[Buddha-l] Anniversaries

Jo jkirk at spro.net
Tue Dec 27 19:37:30 MST 2011


Richard's history of these various lists allows as how at one time there
were lots of subscribers: 

"In early communications about the new Buddhist Academic Discussion Forum, I
predicted to Jim Cocks that subscriptions to the academic forum would
probably level off at around thirty to forty subscribers. In fact, it soon
reached a level of several hundred, and the number of subscribers
consistently stayed around the 850 figure until 2005. It has never been an
exclusively academic forum.
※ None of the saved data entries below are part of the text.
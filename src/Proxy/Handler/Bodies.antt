-- ===== src/Proxy/Handler/Bodies.antt =====
-- The bodies of `Proxy`'s answers.
pub mod Sources
use aniraku_backend.Proxy.Upstreams.{
  Prefix, take-Prefix, two_reads-Prefix, Admissible, do_request-reply, outcome_cases,
  classify-serve, action_cases,
}
use aniraku_backend.Base.{
  ltb, leb, ◌==◌, ==→eq, Bool-cases, length, take, drop, Text, codes, text_eq, Dict, lookup, ℕ, ◌+◌,
  ◌^◌, ◌<◌, ◌≡◌, refl, sym, ◌∙◌, ◌≢◌, ◌⊎◌, inl, inr, ◌&&◌, ◌||◌, some, [], ◌++◌, arith,
}
use aniraku_backend.Proxy.Transport.{Transport, Upstream, responded, TransportEntry, do_request}
use aniraku_backend.Proxy.Answer.{
  nothing, message, key_bytes, playlist, relayed, Answer, respond_error, hls_max_read,
  key_cache_max_read, is_playlist_body, classify_playlist_response, read_limited,
}
use aniraku_backend.Proxy.Serve.{
  KeyEntry, Shared, Url, Request, Course, key_ttl, playlist_path, key_path, hints_playlist, relay,
  fetch,
}
use aniraku_backend.Streaming.VodCache.{vod_cache_get}
use aniraku_backend.Proxy.Allowlist.{Learned}
use aniraku_backend.Proxy.Handler.{
  Library, cache_key_url, audio_language, serve_rewritten_playlist, keep_and_serve, sniff, hinted,
  deliver,
}
use mathlib.Core.List.{append_assoc, append-nil}

module _ (lib : Library) (c : Course) (r : Request) where
  -- A fetched body goes out whole or in part, as it is, as a key, or as a playlist that is rewritten.
  pub data Made (url : Text) (up : Upstream) (a : Answer) : Type 0 where
    as_media :
        (front : Text)
        → Prefix front up.body
        → a.status ≡ up.status
        → a.body ≡ relayed front
        → Made url up a
    as_key :
        (front : Text)
        → Prefix front up.body
        → up.status ≡ 200
        → a.body ≡ key_bytes front
        → Made url up a
    as_playlist :
        (front : Text) (learned : Learned)
        → Prefix front up.body
        → (up.status ≡ 200) ⊎ (up.status ≡ 206)
        → a.body ≡ playlist (lib.rewrite front url r.headers (audio_language lib c r) learned).1
        → Made url up a

  -- What the body of an answer is, for a request that finds the caches of `s`.
  pub data Source (url : Text) (s : Shared) (a : Answer) : Type 0 where
    told : (text : Text) → a.body ≡ message text → Source url s a
    headed :
        (raw : Text)
        → r.method ≡ codes "HEAD"
        → (vod_cache_get url c.now s.playlists).1 ≡ some raw
        → a.body ≡ nothing
        → Source url s a
    kept_playlist :
        (raw : Text) (learned : Learned)
        → r.method ≢ codes "HEAD"
        → (vod_cache_get url c.now s.playlists).1 ≡ some raw
        → a.body ≡ playlist (lib.rewrite raw url r.headers (audio_language lib c r) learned).1
        → Source url s a
    kept_key :
        (e : KeyEntry)
        → lookup (cache_key_url lib url) s.keys ≡ some e
        → c.now < e.fetched_at + key_ttl
        → a.body ≡ key_bytes e.key
        → Source url s a
    fetched :
        (k : ℕ) (t : Transport) (up : Upstream)
        → c.wire.reply k t ≡ responded up
        → Admissible up.status
        → Made url up a
        → Source url s a

  pub fetch-reply :
      (u : Url) (path : Text) (memo : Dict TransportEntry) (up : Upstream)
      → (fetch c r u path memo).outcome ≡ responded up
      → (k : ℕ) × (t : Transport) × (c.wire.reply k t ≡ responded up)
  unfolding fetch
  fetch-reply u path memo up h =
      let https = text_eq u.scheme (codes "https") in
      let first = do_request c.wire u.host https 0 memo in
      let second = do_request c.wire u.host https (length first.tried) first.memo in
      let (k, t, same) = do_request-reply c.wire u.host https 0 memo in
      let (k', t', same') = do_request-reply c.wire u.host https (length first.tried) first.memo in
      elim (outcome_cases first.outcome) [
        | inl (e, broken) ↦ (k, t, ground (arith, h, broken, same))
        | inr (up1, came) ↦ elim (Bool-cases c.stays) [
          | inl stays ↦
              elim (Bool-cases (
                text_eq r.method (codes "GET")
                && (up1.status == 403 || (up1.status == 429 && playlist_path path)))) [
                  | inl again ↦ (k', t', sym same' ∙ (rw (came, fetch, again, stays) at h))
                  | inr once ↦ (k, t, sym same ∙ (rw (came, fetch, once) at h))
                ]
          | inr gone ↦ (k, t, ground (arith, h, came, same, gone))
        ]
      ]

  sniff-Made :
      (url path : Text) (up : Upstream) (a : Answer) (s : Shared)
      → Made url up (sniff lib c r url path up a s).1
  unfolding sniff keep_and_serve serve_rewritten_playlist read_limited relay
  sniff-Made url path up a s = elim (Bool-cases (up.status == 200)) [
    | inr other ↦ rw other (as_media up.body ([], append-nil up.body) refl refl)
    | inl full ↦ elim (Bool-cases (leb 1024 (length up.body) || up.complete)) [
      | inr broken ↦ rw (full, broken) (as_media [] (up.body, refl) refl refl)
      | inl peeked ↦ elim (Bool-cases (is_playlist_body (take 1024 up.body))) [
        | inr other ↦ rw (full, peeked, other) (as_media up.body ([], append-nil up.body) refl refl)
        | inl signed ↦
            elim (Bool-cases (leb (2 ^ 20) (length (drop 1024 up.body)) || up.complete)) [
              | inr broken ↦
                  rw (full, peeked, signed, broken)
                    (as_media (take 1024 up.body) (take-Prefix 1024 up.body) refl refl)
              | inl whole ↦
                  rw (full, peeked, signed, whole)
                    (as_playlist (take 1024 up.body ++ take (2 ^ 20) (drop 1024 up.body)) s.learned
                      (two_reads-Prefix 1024 (2 ^ 20) up.body) (inl (==→eq up.status 200 full))
                      refl)
            ]
      ]
    ]
  ]

  -- An error, or a body made from the response.
  abbrev Delivered : Text → Upstream → Answer → Type 0
  Delivered url up a = ((text : Text) × (a.body ≡ message text)) ⊎ Made url up a

  hinted-Made :
      (url path : Text) (up : Upstream) (a : Answer) (s : Shared)
      → Delivered url up (hinted lib c r url path up a s).1
  unfolding hinted keep_and_serve serve_rewritten_playlist read_limited relay respond_error
  hinted-Made url path up a s =
      elim (Bool-cases (leb hls_max_read (length up.body) || up.complete)) [
        | inr broken ↦ rw broken (inl (_, refl))
        | inl arrived ↦
            elim (action_cases
              (classify_playlist_response up.status up.content_range (take hls_max_read up.body))) [
                | inr (inl other) ↦
                    rw (arrived, other, hinted)
                      (inr (as_media up.body ([], append-nil up.body) refl refl))
                | inr (inr bad) ↦ rw (arrived, bad, hinted) (inl (_, refl))
                | inl good ↦
                    elim (Bool-cases (leb hls_max_read (length (take hls_max_read up.body)))) [
                      | inl large ↦ rw (arrived, good, large, hinted) (inl (_, refl))
                      | inr fits ↦
                          rw (arrived, good, fits, hinted)
                            (inr (
                              as_playlist (take hls_max_read up.body) s.learned
                                (take-Prefix hls_max_read up.body)
                                (classify-serve up.status up.content_range
                                  (take hls_max_read up.body) good)
                                refl))
                    ]
              ]
      ]

  pub deliver-Made :
      (url path query key : Text) (up : Upstream) (a : Answer) (s : Shared)
      → Delivered url up (deliver lib c r url path query key up a s).1
  unfolding deliver
  deliver-Made url path query key up a s =
      elim (Bool-cases (
        key_path path
        && up.status == 200
        && ltb (length (take key_cache_max_read up.body)) key_cache_max_read)) [
          | inl small ↦ rw small (
              inr (
                as_key (take key_cache_max_read up.body) (take-Prefix key_cache_max_read up.body)
                  (==→eq up.status 200 (ground (arith, small))) refl))
          | inr other ↦ elim (Bool-cases (hints_playlist path query up)) [
            | inl hint ↦ rw (other, hint) (hinted-Made url path up a s)
            | inr bare ↦ rw (other, bare) (inr (sniff-Made url path up a s))
          ]
        ]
In fact, the lack of substantial difference
between buddha-l and buddhist, aside from the fact that one forum was
moderated and the other was not, led me to combine the two lists into the
one moderated forum in autumn 2001."

Ok, so until 2005 there were 850. 
After that, nothing said about how many subscribers were left after 2005,
nor about how many there are today. 
How many are there today?
Judging by the blankness (shunya) of buddha-l today,  one suspects the
number might be around five: the five people who work on alternative digital
codings.  Most probably because that topic provoked the largest exchange of
the past six months, and has nothing to do with anything except coding
talents and preferences. 

Joanna Kirkpatrick
www.artsricksha.com 



-----Original Message-----
From: buddha-l-bounces at mailman.swcp.com
[mailto:buddha-l-bounces at mailman.swcp.com] On Behalf Of Richard Hayes
Sent: Tuesday, December 27, 2011 3:02 PM
To: Buddhist discussion forum
Subject: [Buddha-l] Anniversaries

As 2011 draws to a close, buddha-l celebrates the twentieth anniversary of
its founding in the autumn of 1991, and the tenth anniversary of the
"buddhist" and "buddha-l" lists being collapsed into a single list that
incorporates the vices of both and the virtues of neither. Hardly a days
goes by that I don't think it's time for buddha-l to become impermanent, but
it keeps sluggishly plodding along. 

For those of you who have forgotten the history of buddha-l (or its
predecessor, buddhist at jpntohok), an idiosyncratic account of the early days
is to be found on an old website that also should be dead by now but keeps
limping along like a vampire in search of a stake to be driven through its
heart:

http://home.comcast.net/~dayamati/history.html

All the merry crew of elves who sleep in the control room of buddha-l wish
all you subscribers a pleasant and prosperous 2012. May you all get a life.